Highlights & Insights¶
- The score difference decomposition and reorganization of HDS is highly elegant: Through theoretical analysis, it is discovered that the \(\delta_{\text{noise}} - \epsilon\) term in standard SDS is the main culprit behind blurry textures. Discarding this term and replacing it with a repelling score elegantly solves two issues: blurriness and over-saturation. This "decompose-diagnose-replace" methodology can be readily applied to other SDS variants.
- The three-stage timestep scheduling leverages domain priors of human-centric generation: Since SMPL-X initialization already provides coarse geometry, high-timestep stages can be skipped. Intermediate textures represent smooth transitions and do not require many steps, whereas fine details are critical and require focused training. This domain-adaptive scheduling strategy is more efficient than a general linear decay.
- The distance-weighted attention fusion of VCR ensures smooth texture transitions between views. Closer key views exert greater influence, avoiding texture discontinuities caused by hard switching. This concept can be generalized to other 2D-to-3D tasks that demand multi-view consistency.
Limitations & Future Work¶
- Generation can fail for highly complex poses or extreme clothing textures, as the framework relies heavily on the pose priors of SMPL-X.
- Human-object and human-human interaction scenarios are not handled.
- The VCR stage uses Stable Diffusion for denoising, which might yield sub-optimal results for non-standard human proportions or cartoon styles.
- It only renders static 3D humans and does not support animations or retargeting to different poses.
- The user study involves a relatively small number of evaluators (24) and prompts (20).
Related Work & Insights¶
- vs. HumanGaussian: HumanGaussian was the strongest prior 3DGS human method but lacked support for image input and required 1.2h of training.

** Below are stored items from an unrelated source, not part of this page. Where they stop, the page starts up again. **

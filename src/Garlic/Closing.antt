-- ===== src/Garlic/Closing.antt =====
-- `Close` of garlic.go, `DeleteKeys`, and the constructor.
pub mod Laws
pub mod Construction
use onramp.Prelude.{
  ℕ, ◌==◌, ◌&&◌, Bool, true, false, not, ◌⊎◌, inl, inr, Option, none, some, String, List, [], ◌∷◌,
  ◌++◌, if◌then◌else◌,
}
use onramp.Garlic.{
  Handle, connection, primary_session, stream_session, hybrid2_session, hybrid1_session, Garlic,
  Error, refused, Outside, M, new_fields,
}
use onramp.Garlic.Sessions.{sam_session}

-- A PRIMARY session is closed with what stands under it.
abbrev pub belongs_to : ℕ → Handle → Bool
belongs_to p (connection n) = false
belongs_to p (primary_session n) = n == p
belongs_to p (stream_session n q) = q == p
belongs_to p (hybrid2_session n q) = q == p
belongs_to p (hybrid1_session n q) = q == p

abbrev pub is_connection : ℕ → Handle → Bool
is_connection c (connection n) = n == c
is_connection c h = false

abbrev pub is_hybrid2 : ℕ → Handle → Bool
is_hybrid2 n (hybrid2_session m q) = m == n
is_hybrid2 n h = false

abbrev pub is_hybrid1 : ℕ → Handle → Bool
is_hybrid1 n (hybrid1_session m q) = m == n
is_hybrid1 n h = false

-- What is left open when the handles that a test names are closed.
abbrev pub without : (Handle → Bool) → List Handle → List Handle
without p [] = []
without p (h ∷ hs) = if p h then without p hs else h ∷ without p hs

-- The four sessions that `Close` closes, in its order; the errors are those of the library.
pub record Closes : Type 0 where
  pub hybrid2_error : Option String
  pub hybrid1_error : Option String
  pub primary_error : Option String
  pub sam_error : Option String

-- One step of `Close`: nothing to close, an error, or the handles gone.
abbrev pub close_one :
    Option ℕ
    → Option String
    → (ℕ → Handle → Bool)
    → List Handle × List String
    → List Handle × List String
close_one none e p (hs, errors) = (hs, errors)
close_one (some n) (some e) p (hs, errors) = (hs, errors ++ e ∷ [])
close_one (some n) none p (hs, errors) = (without (p n) hs, errors)

-- `Close`: the fields, and the errors of what could not be closed.
unfoldable pub close : Closes → Garlic → List String × Garlic
close c g =
    let (hs, errors) = close_one g.sam c.sam_error is_connection (
      close_one g.primary c.primary_error belongs_to (
        close_one g.hybrid1_sub c.hybrid1_error is_hybrid1
          (close_one g.hybrid2_sub c.hybrid2_error is_hybrid2 (g.open_handles, [])))) in
    (
      errors,
      record g {
        primary = none;
        stream_sub = none;
        stream_subs_by_port = [];
        persistent_from_port = 0;
        hybrid2_sub = none;
        hybrid1_sub = none;
        bridge_running = false;
        open_handles = hs;
      },
    )

-- `DeleteKeys`: `e` is the error of `DeleteGarlicKeys`.
abbrev pub delete_keys : Option String → Garlic → Option String × Garlic
delete_keys (some e) g = (some e, g)
delete_keys none g = (none, record g { service_keys = none })

-- The embedded bridge: there is none, it cannot be made, it does not become ready, or it runs.
pub data Bridge : Type 0 where
  no_bridge : Bridge
  no_start no_answer : String → Bridge
  runs : Bridge

-- `newGarlic` once the bridge answers; it is stopped where there is no connection.
abbrev pub connected : Outside → Garlic → (Error ⊎ ℕ) × Garlic
connected out g =
    let (r, g') = sam_session out g in
    elim r [ inl e ↦ (inl e, record g' { bridge_running = false }) | inr n ↦ (inr n, g') ]

-- `newGarlic`, before `EnableAutoCleanup`: an error, and the bridge stopped, or a `Garlic` with a
-- connection.
unfoldable pub new_garlic : Outside → Bridge → (Error ⊎ ℕ) × Garlic
unfolding sam_session
new_garlic out no_bridge = connected out new_fields
new_garlic out (no_start e) = (inl (refused e), new_fields)
new_garlic out (no_answer e) = (inl (refused e), new_fields)
new_garlic out runs = connected out (record new_fields { bridge_running = true })
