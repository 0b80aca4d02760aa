-- ===== src/Embedded.antt =====
-- garlic_sam_embed.go: whether an embedded SAM bridge is made, the wait until it answers, and the registry
-- that also finds the sessions under a PRIMARY session. The bridge and the registry of go-sam-bridge are
-- arguments.
pub mod Waiting
pub mod Lookup
mod Tests
use onramp.Prelude.{
  ℕ, zero, suc, ◌+◌, ◌*◌, Bool, true, false, ltb, Option, none, some, List, [], ◌∷◌, ◌⊎◌, inl, inr,
  String,
}
use onramp.Prelude.Clock.{millisecond}
use onramp.Garlic.Closing.{Bridge, no_bridge, no_start, no_answer, runs}

-- The durations of `waitForSAMReady`.
abbrev pub poll_interval : ℕ
poll_interval = 100 * millisecond

-- `waitForSAMReady` from its round `i` on, where `now i` is the reading of the clock in that round and
-- `dials i` whether the address takes a connection then. `none` means that the fuel is used up; `true` is
-- no error.
unfoldable pub wait_from : (ℕ → ℕ) → (ℕ → Bool) → ℕ → ℕ → ℕ → Option Bool
wait_from now dials deadline zero i = none
wait_from now dials deadline (suc fuel) i = elim (ltb (now i) deadline) [
  | false ↦ some false
  | true ↦ elim (dials i) [ true ↦ some true | false ↦ wait_from now dials deadline fuel (suc i) ]
]

-- `waitForSAMReady`: `start` is the reading of which the deadline is made.
unfoldable pub wait_for_sam_ready : (ℕ → ℕ) → (ℕ → Bool) → ℕ → ℕ → ℕ → Option Bool
unfolding wait_from
wait_for_sam_ready now dials start timeout fuel = wait_from now dials (start + timeout) fuel 0

-- `newEmbeddedSAMBridge`, and the start and the wait in `newGarlic`: `available` is whether nothing listens
-- at the address, `made` the error of `embedding.New`, `ready` how the wait ends, and `e` its error.
unfoldable pub embedded_bridge : Bool → Option String → Option Bool → String → Option Bridge
embedded_bridge false made ready e = some no_bridge
embedded_bridge true (some e') ready e = some (no_start e')
embedded_bridge true none none e = none
embedded_bridge true none (some false) e = some (no_answer e)
embedded_bridge true none (some true) e = some runs

-- The registry of go-sam-bridge: `Get`, `All`, and the assertion that a session is a PRIMARY session,
-- with its `Subsession`.
pub record Registry (S : Type 0) : Type 0 where
  pub registered : String → Option S
  pub all : List String
  pub as_primary : S → Option (String → Option S)

module _ {S : Type 0} (r : Registry S) where
  -- What is under the session of an id, if that is a PRIMARY session.
  abbrev pub subsession_of : String → Option S → Option S
  subsession_of id none = none
  subsession_of id (some s) = elim (r.as_primary s) [
    | none ↦ none
    | some subsession ↦ subsession id
  ]

  -- The loop of `Get`
  unfoldable pub search_subsessions : String → List String → Option S
  search_subsessions id [] = none
  search_subsessions id (sess_id ∷ ids) = elim (subsession_of id (r.registered sess_id)) [
    | some sub ↦ some sub
    | none ↦ search_subsessions id ids
  ]

  -- `subsessionAwareRegistry.Get`; `none` is nil.
  unfoldable pub get : String → Option S
  unfolding search_subsessions
  get id = elim (r.registered id) [ some s ↦ some s | none ↦ search_subsessions id r.all ]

GaussianIP introduces identity preservation and reduces training to 40 minutes.
- vs. DreamWaltz/AvatarVerse: Early NeRF-based methods suffer from a noticeable lack of facial and clothing details, with slower training speeds.
- vs. TADA/X-Oscar: Methods based on SMPL-X meshes have advantages in geometric control, but their texture quality remains inferior to 3DGS-based methods.
- vs. 2D Human Customization (e.g., IP-Adapter): GaussianIP extends the capability of 2D customized human models to 3D space, showing great potential.
Rating¶
- Novelty: ⭐⭐⭐⭐ HDS's score difference decomposition and VCR's distance-weighted attention fusion make significant theoretical contributions.
- Experimental Thoroughness: ⭐⭐⭐⭐ Comprises user study + GPT rating + Face++ verification + detailed ablation, though it lacks standard quantitative metrics (e.g., FID).
- Writing Quality: ⭐⭐⭐⭐ Formulations are complete and the structure is clear, though some derivations could be made more intuitive.
- Value: ⭐⭐⭐⭐⭐ The first high-quality 3D human generation method supporting identity preservation. A 40-minute training time is highly appealing for practical applications.